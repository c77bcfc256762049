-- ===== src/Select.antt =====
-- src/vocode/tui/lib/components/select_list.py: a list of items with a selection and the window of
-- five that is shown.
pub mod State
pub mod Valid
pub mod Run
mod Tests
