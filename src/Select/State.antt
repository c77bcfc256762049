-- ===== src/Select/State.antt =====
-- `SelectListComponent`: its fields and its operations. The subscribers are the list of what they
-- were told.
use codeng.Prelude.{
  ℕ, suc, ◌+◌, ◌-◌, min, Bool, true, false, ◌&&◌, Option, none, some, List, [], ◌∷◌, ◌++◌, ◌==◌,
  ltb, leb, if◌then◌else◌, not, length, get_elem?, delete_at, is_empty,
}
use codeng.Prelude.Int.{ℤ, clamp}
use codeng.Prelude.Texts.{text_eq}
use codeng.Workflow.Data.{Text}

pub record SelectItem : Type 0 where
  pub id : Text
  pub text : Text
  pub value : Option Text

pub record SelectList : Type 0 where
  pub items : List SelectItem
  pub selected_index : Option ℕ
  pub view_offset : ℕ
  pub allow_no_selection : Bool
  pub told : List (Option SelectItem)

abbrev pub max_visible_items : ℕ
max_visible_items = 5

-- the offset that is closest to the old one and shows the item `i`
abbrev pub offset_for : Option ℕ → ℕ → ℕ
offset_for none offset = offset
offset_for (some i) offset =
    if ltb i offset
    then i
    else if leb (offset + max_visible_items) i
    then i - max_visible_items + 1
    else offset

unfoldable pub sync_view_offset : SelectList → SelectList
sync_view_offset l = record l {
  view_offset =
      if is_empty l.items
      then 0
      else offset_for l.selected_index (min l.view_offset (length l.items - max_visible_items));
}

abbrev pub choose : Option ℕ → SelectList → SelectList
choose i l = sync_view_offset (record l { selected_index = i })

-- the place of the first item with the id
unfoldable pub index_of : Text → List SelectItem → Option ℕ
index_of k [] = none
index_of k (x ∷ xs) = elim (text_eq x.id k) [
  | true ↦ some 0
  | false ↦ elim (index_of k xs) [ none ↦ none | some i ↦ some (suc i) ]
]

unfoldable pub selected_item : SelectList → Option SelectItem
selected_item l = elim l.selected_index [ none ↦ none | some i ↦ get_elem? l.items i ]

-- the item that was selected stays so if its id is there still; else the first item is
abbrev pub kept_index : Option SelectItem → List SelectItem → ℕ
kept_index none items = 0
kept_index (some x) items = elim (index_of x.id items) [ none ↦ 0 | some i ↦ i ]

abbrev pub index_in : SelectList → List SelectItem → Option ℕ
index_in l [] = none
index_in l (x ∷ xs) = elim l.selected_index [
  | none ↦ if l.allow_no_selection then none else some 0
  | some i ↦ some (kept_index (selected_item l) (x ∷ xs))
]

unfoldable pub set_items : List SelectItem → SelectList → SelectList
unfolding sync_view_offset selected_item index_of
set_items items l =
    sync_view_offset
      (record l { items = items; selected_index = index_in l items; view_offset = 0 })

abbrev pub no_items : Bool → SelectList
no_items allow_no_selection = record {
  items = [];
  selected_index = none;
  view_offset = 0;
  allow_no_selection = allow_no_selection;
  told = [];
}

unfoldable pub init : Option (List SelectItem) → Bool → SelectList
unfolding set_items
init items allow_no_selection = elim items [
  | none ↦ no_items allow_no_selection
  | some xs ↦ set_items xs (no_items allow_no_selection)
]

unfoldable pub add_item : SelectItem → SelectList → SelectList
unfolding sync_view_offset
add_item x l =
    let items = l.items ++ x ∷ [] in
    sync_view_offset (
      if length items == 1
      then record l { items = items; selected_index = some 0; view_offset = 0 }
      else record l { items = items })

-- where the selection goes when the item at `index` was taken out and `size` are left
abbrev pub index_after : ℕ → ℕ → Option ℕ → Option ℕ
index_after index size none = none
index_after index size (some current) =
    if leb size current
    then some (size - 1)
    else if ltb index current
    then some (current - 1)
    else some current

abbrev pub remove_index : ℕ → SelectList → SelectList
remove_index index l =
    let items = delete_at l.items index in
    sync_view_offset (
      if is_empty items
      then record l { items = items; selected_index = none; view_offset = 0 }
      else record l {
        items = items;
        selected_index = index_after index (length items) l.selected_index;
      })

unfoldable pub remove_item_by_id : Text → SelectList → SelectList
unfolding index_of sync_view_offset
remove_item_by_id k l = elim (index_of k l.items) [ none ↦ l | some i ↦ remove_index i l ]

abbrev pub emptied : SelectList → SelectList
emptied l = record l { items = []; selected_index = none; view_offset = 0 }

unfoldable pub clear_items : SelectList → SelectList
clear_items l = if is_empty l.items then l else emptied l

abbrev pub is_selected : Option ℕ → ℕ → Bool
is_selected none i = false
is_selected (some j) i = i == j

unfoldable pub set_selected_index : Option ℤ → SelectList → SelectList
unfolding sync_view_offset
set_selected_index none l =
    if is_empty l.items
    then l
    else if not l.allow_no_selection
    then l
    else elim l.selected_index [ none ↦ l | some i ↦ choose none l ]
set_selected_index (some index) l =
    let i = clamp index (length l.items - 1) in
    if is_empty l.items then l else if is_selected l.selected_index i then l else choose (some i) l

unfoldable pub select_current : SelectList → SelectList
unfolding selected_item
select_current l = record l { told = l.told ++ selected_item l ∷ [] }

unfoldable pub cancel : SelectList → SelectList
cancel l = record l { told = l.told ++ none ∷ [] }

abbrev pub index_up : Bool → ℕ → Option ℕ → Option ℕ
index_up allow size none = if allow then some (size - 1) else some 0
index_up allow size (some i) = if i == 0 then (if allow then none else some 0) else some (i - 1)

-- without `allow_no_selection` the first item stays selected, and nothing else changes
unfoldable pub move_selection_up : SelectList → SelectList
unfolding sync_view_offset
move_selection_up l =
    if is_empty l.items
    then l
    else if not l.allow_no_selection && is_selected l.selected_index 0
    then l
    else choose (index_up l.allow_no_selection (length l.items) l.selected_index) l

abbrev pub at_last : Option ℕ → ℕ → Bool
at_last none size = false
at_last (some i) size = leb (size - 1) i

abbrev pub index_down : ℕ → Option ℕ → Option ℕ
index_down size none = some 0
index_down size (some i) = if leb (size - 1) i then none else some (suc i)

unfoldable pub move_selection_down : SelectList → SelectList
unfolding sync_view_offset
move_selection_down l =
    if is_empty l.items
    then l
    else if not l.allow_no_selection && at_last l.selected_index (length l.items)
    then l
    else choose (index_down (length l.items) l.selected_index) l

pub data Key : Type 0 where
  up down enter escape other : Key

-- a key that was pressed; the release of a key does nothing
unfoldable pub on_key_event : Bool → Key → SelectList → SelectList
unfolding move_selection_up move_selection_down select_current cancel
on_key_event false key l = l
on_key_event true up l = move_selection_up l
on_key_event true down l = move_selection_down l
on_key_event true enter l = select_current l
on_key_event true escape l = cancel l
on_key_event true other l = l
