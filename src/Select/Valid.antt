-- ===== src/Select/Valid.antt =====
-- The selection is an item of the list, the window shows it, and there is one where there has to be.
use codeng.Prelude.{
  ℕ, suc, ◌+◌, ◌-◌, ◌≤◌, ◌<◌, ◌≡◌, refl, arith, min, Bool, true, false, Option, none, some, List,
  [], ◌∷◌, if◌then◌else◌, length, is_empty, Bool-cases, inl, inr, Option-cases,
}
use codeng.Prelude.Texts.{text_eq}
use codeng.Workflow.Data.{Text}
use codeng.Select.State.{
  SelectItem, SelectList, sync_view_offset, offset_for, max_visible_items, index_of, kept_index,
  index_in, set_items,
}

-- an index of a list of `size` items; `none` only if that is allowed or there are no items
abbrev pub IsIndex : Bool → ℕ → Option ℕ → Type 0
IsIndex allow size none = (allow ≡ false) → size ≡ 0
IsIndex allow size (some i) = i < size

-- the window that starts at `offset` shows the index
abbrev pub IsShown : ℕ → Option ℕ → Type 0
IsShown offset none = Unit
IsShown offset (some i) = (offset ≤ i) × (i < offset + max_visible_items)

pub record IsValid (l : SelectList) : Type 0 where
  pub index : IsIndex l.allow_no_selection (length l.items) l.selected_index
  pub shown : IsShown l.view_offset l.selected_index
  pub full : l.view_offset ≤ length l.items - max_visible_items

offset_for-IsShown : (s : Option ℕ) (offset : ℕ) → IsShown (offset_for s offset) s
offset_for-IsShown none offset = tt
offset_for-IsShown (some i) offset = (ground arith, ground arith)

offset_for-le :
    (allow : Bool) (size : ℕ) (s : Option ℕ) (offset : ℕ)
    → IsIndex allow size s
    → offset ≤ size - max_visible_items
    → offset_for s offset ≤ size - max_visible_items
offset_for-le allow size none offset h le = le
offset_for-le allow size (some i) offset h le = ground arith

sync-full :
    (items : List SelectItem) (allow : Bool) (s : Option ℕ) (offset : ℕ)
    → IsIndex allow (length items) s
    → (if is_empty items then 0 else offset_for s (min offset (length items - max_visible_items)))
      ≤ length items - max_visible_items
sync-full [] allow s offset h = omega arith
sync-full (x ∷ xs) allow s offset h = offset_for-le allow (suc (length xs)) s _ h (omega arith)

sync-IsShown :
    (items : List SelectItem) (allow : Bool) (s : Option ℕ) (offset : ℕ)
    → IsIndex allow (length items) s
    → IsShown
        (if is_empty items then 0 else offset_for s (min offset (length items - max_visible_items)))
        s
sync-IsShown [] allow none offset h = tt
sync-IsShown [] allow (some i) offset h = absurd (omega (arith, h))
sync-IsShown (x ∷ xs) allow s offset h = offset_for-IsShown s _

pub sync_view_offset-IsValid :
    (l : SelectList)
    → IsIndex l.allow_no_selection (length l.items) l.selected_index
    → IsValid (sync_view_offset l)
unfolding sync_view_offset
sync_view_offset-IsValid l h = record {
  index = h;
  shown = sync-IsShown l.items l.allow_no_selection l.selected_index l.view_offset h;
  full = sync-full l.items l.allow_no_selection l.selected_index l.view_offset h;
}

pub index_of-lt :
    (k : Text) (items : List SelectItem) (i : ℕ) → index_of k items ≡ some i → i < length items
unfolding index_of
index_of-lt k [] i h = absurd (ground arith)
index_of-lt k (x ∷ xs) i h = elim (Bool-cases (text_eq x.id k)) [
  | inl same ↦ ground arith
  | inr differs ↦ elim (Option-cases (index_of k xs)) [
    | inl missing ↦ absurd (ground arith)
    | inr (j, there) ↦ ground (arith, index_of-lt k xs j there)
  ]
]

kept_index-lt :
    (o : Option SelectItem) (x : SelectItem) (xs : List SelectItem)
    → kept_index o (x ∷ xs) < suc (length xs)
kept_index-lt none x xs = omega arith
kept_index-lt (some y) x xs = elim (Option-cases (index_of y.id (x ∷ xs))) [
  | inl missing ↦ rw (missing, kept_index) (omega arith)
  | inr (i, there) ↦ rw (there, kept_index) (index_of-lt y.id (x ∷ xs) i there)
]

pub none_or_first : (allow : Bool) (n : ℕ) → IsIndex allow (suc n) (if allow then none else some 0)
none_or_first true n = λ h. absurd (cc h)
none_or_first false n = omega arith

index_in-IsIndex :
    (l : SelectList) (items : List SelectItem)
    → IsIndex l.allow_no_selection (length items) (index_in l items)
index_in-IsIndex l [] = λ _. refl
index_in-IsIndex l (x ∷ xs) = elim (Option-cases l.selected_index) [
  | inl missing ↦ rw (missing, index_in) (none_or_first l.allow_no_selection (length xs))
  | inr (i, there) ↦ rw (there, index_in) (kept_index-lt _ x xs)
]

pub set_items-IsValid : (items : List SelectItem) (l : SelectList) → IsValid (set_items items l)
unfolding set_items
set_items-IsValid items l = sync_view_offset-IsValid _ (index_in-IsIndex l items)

__Instructions for the task__. Report every line from the listing above where the string "window" can be found.

__Final answer__.
-- src/vocode/tui/lib/components/select_list.py: a list of items with a selection and the window of
-- The selection is an item of the list, the window shows it, and there is one where there has to be.
-- the window that starts at `offset` shows the index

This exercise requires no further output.